Significance. If the central attribution holds after verification, the empirical d^{3/2} tension scaling would supply a concrete relation for hydroelastic models of thin floating viscoelastic covers, extending prior work on bare Faraday waves and membrane-covered systems. The systematic thickness variation and damping comparison to the immobile-layer case for bare water are useful benchmarks; the disordered patterns and multi-method analysis may interest the Faraday-wave community. Independent confirmation of the tension scaling would raise the result's impact.

major comments (3)

[Abstract; dispersion analysis] Abstract and dispersion results: the claim of a significant mismatch with the baseline hydroelastic dispersion relation (without added tension) is used to introduce an effective in-plane tension whose d^{3/2} scaling is then reported. No error bars on extracted wavelengths, no quantitative fit residuals (with vs. without the tension term), and no details on the wavelength-extraction algorithms or isotropy metrics are provided, so the statistical significance of the residuals and the necessity of the single-parameter correction cannot be assessed.
[Results on dispersion and tension] Tension scaling paragraph: the in-plane tension is introduced post-hoc to reconcile measured wavelengths with theory and is subsequently found to follow d^{3/2}. Because the baseline dispersion is assumed accurate and all d-dependent deviations are absorbed into this one fitted parameter, the scaling could equally capture unmodeled effects (contact-line pinning, sheet inhomogeneity, or bending stiffness variations). An independent tension measurement or a first-principles derivation from the viscoelastic constitutive law is needed to establish that the scaling originates from membrane tension.
[Damping analysis] Damping and onset-amplitude section: for d=20 μm the onset is said to match bulk-plus-boundary-layer dissipation (as for bare water). A direct comparison of predicted vs. measured onset amplitudes across the full d range, including the contribution of the fitted tension to the dispersion and thus to the threshold, would clarify whether the tension term is load-bearing for the damping claim or merely an auxiliary fit.

minor comments (2)

[Abstract] Abstract contains two typographical errors: 'efect' should read 'effect' and 'ampitude' should read 'amplitude'.
[Notation and methods] Notation for thickness (d) and any derived tension parameter should be introduced once and used consistently; clarify whether the reported tension is an effective value per unit length or a stress.

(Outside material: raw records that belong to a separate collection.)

-- ===== src/Ledger/Sealed.antt =====
-- A run that has ended is final (server/repositories/agent-task-runs.ts, server/db/migrations.ts).
use velarix_bot.Prelude.{
  ℕ, String, Bool, true, false, some, if◌then◌else◌, ◌===◌, ===_iff, ◌≡◌, refl, subst, arith, inl,
  inr, Option-cases, Bool-cases,
}
use velarix_bot.Prelude.Dict.{Dict, get, set, get-set}
use velarix_bot.Ledger.Contracts.{
  SealedRunResult, Acceptance, rejected, accepted, accept_worker_completion,
}
use velarix_bot.Ledger.Canonical.{Node, sealed_result_bytes, sha256_canonical}
use velarix_bot.Ledger.Rows.{Run, Ledger}
use velarix_bot.Ledger.Runs.{
  RunCreateInput, RunBoundIdentity, create_pending, bind_running, record_progress,
}
use velarix_bot.Ledger.Report.{FinalizeInput}
use velarix_bot.Ledger.Finalize.{seal, terminalize, finalize_accepted, finalize}
use velarix_bot.Ledger.Calls.{
  Call, creates, binds, progresses, finalizes, claims, acks, fails, retries, publishes, step,
}
use velarix_bot.Ledger.Effects.{
  has_ended, matches-id, binds_through, bind_effect, bind-open, progresses_through, progress_effect,
  progress-open, goes-open, seal_writes, seal_effect, claim-runs, ack-runs, fail-runs, retry-runs,
  publish-runs,
}
use velarix_bot.Ledger.Runs.{bound_run, progressed_run}
use velarix_bot.Ledger.Kept.{goes_through, finalize_effect}

set-ended :
    (k : String) (r0 next : Run) (runs : Dict Run)
    → get k runs ≡ some r0
    → has_ended r0.state ≡ false
    → (id : String) (r : Run) → get id runs ≡ some r
    → has_ended r.state ≡ true
    → get id (set k next runs) ≡ some r
set-ended k r0 next runs e open_run id r e' ended = elim (Bool-cases (k === id)) [
  | inl q ↦
      let same : r0 ≡ r = grind (arith, ===_iff k id) in
      absurd (
        let f : has_ended r.state ≡ false = subst (λ x. has_ended x.state ≡ false) same open_run in
        ground arith)
  | inr q ↦ grind (arith, get-set)
]

-- The write of a call that goes through on a run that is open.
stays_if :
    (b : Bool) (k : String) (r0 next : Run) (runs : Dict Run)
    → get k runs ≡ some r0
    → (b ≡ true → (r0.id ≡ k) × (has_ended r0.state ≡ false))
    → (id : String) (r : Run) → get id runs ≡ some r
    → has_ended r.state ≡ true
    → get id (if b then set r0.id next runs else runs) ≡ some r
stays_if false k r0 next runs e h id r e' ended = e'
stays_if true k r0 next runs e h id r e' ended =
    rw (h refl).0 (set-ended k r0 next runs e (h refl).1 id r e' ended)

module _ (id : String) (r : Run) (ended : has_ended r.state ≡ true) where
  create-stays :
      (input : RunCreateInput) (new_id : String) (now : ℕ) (l : Ledger)
      → get id l.runs ≡ some r
      → get id (create_pending input new_id now l).0.runs ≡ some r
  unfolding create_pending
  create-stays input new_id now l e = grind (arith, get-set, ===_iff)

  bind-stays :
      (identity : RunBoundIdentity) (turn instance model : String) (now : ℕ) (l : Ledger)
      → get id l.runs ≡ some r
      → get id (bind_running identity turn instance model now l).0.runs ≡ some r
  unfolding bind_running
  bind-stays identity turn instance model now l e =
      elim (Option-cases (get identity.run_id l.runs)) [
        | inl f ↦ rw (f, bind_running) e
        | inr (r0, f) ↦ rw (bind_effect identity turn instance model now l r0 f) (
            stays_if (binds_through identity turn instance now r0 l) identity.run_id r0
              (bound_run r0 turn instance model now) l.runs f
              (λ h.
                let (m, o) = bind-open identity turn instance now r0 l h in
                (matches-id r0 identity m, o))
              id r e ended)
      ]

  progress-stays :
      (identity : RunBoundIdentity) (json : String) (now : ℕ) (l : Ledger)
      → get id l.runs ≡ some r
      → get id (record_progress identity json now l).0.runs ≡ some r
  unfolding record_progress
  progress-stays identity json now l e = elim (Option-cases (get identity.run_id l.runs)) [
    | inl f ↦ rw (f, record_progress) e
    | inr (r0, f) ↦ rw (progress_effect identity json now l r0 f) (
        stays_if (progresses_through identity now r0) identity.run_id r0
          (progressed_run r0 json now) l.runs f
          (λ h. let (m, o) = progress-open identity now r0 h in (matches-id r0 identity m, o)) id r
          e ended)
  ]

  seal-stays :
      (node : Node) (input : FinalizeInput) (result : SealedRunResult) (r0 : Run) (l : Ledger)
      → get input.identity.run_id l.runs ≡ some r0
      → goes_through input (sha256_canonical node (sealed_result_bytes result)) r0 ≡ true
      → get id l.runs ≡ some r
      → get id (seal node input result r0 l).0.runs ≡ some r
  seal-stays node input result r0 l f h e =
      let (m, o) = goes-open input (sha256_canonical node (sealed_result_bytes result)) r0 h in
      rw (seal_effect node input result r0 l) (
        stays_if (seal_writes node input result r0 l) input.identity.run_id r0
          (terminalize node input result r0) l.runs f (λ _. (matches-id r0 input.identity m, o)) id
          r e ended)

  accepted-stays :
      (node : Node) (input : FinalizeInput) (result : SealedRunResult) (l : Ledger)
      → get id l.runs ≡ some r
      → get id (finalize_accepted node input result l).0.runs ≡ some r
  unfolding finalize_accepted
  accepted-stays node input result l e = elim (Option-cases (get input.identity.run_id l.runs)) [
    | inl f ↦ rw (f, finalize_accepted) e
    | inr (r0, f) ↦
        let computed = sha256_canonical node (sealed_result_bytes result) in
        elim (Bool-cases (goes_through input computed r0)) [
          | inl q ↦
              rw (finalize_effect node input result l r0 f, q)
                (seal-stays node input result r0 l f q e)
          | inr q ↦ rw (finalize_effect node input result l r0 f, q) e
        ]
  ]

  acceptance-stays :
      (node : Node) (input : FinalizeInput) (l : Ledger) (a : Acceptance)
      → accept_worker_completion input.result ≡ a
      → get id l.runs ≡ some r
      → get id (finalize node input l).0.runs ≡ some r
  unfolding finalize
  acceptance-stays node input l (rejected code) q e = rw (q, finalize) e
  acceptance-stays node input l (accepted result) q e =
      rw (q, finalize) (accepted-stays node input result l e)

-- No call changes a run that has ended: its result, its hash and every other column stay.
pub ended_run_stays :
    (node : Node) (l : Ledger) (c : Call) (id : String) (r : Run)
    → get id l.runs ≡ some r
    → has_ended r.state ≡ true
    → get id (step node l c).runs ≡ some r
unfolding step
ended_run_stays node l (creates input new_id now) id r e ended =
    create-stays id r ended input new_id now l e
ended_run_stays node l (binds identity turn instance model now) id r e ended =
    bind-stays id r ended identity turn instance model now l e
ended_run_stays node l (progresses identity json now) id r e ended =
    progress-stays id r ended identity json now l e
ended_run_stays node l (finalizes input) id r e ended =
    acceptance-stays id r ended node input l (accept_worker_completion input.result) refl e
ended_run_stays node l (claims key token owner lease_ms now) id r e ended =
    rw (claim-runs key token owner lease_ms now l) e
ended_run_stays node l (acks messages key token now) id r e ended =
    rw (ack-runs messages key token now l) e
ended_run_stays node l (fails key token code now) id r e ended =
    rw (fail-runs key token code now l) e
ended_run_stays node l (retries key now) id r e ended = rw (retry-runs key now l) e
ended_run_stays node l (publishes messages key now) id r e ended =
    rw (publish-runs messages key now l) e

Simulated Author's Rebuttal

3 responses · 1 unresolved

We thank the referee for the thorough review and insightful comments on our manuscript. We address each of the major comments point by point below, providing clarifications and indicating revisions where appropriate.

read point-by-point responses

Referee: [Abstract; dispersion analysis] Abstract and dispersion results: the claim of a significant mismatch with the baseline hydroelastic dispersion relation (without added tension) is used to introduce an effective in-plane tension whose d^{3/2} scaling is then reported. No error bars on extracted wavelengths, no quantitative fit residuals (with vs. without the tension term), and no details on the wavelength-extraction algorithms or isotropy metrics are provided, so the statistical significance of the residuals and the necessity of the single-parameter correction cannot be assessed.

Authors: We agree that additional quantitative details would strengthen the presentation. In the revised manuscript, we have added error bars to the wavelength data points, derived from repeated measurements and analysis of isotropy. We have also included a new supplementary figure showing the fit residuals for the dispersion relation both with and without the tension term, demonstrating a clear improvement with the added parameter. Details on the wavelength extraction algorithms and isotropy metrics have been expanded in the Methods section. revision: yes
Referee: [Results on dispersion and tension] Tension scaling paragraph: the in-plane tension is introduced post-hoc to reconcile measured wavelengths with theory and is subsequently found to follow d^{3/2}. Because the baseline dispersion is assumed accurate and all d-dependent deviations are absorbed into this one fitted parameter, the scaling could equally capture unmodeled effects (contact-line pinning, sheet inhomogeneity, or bending stiffness variations). An independent tension measurement or a first-principles derivation from the viscoelastic constitutive law is needed to establish that the scaling originates from membrane tension.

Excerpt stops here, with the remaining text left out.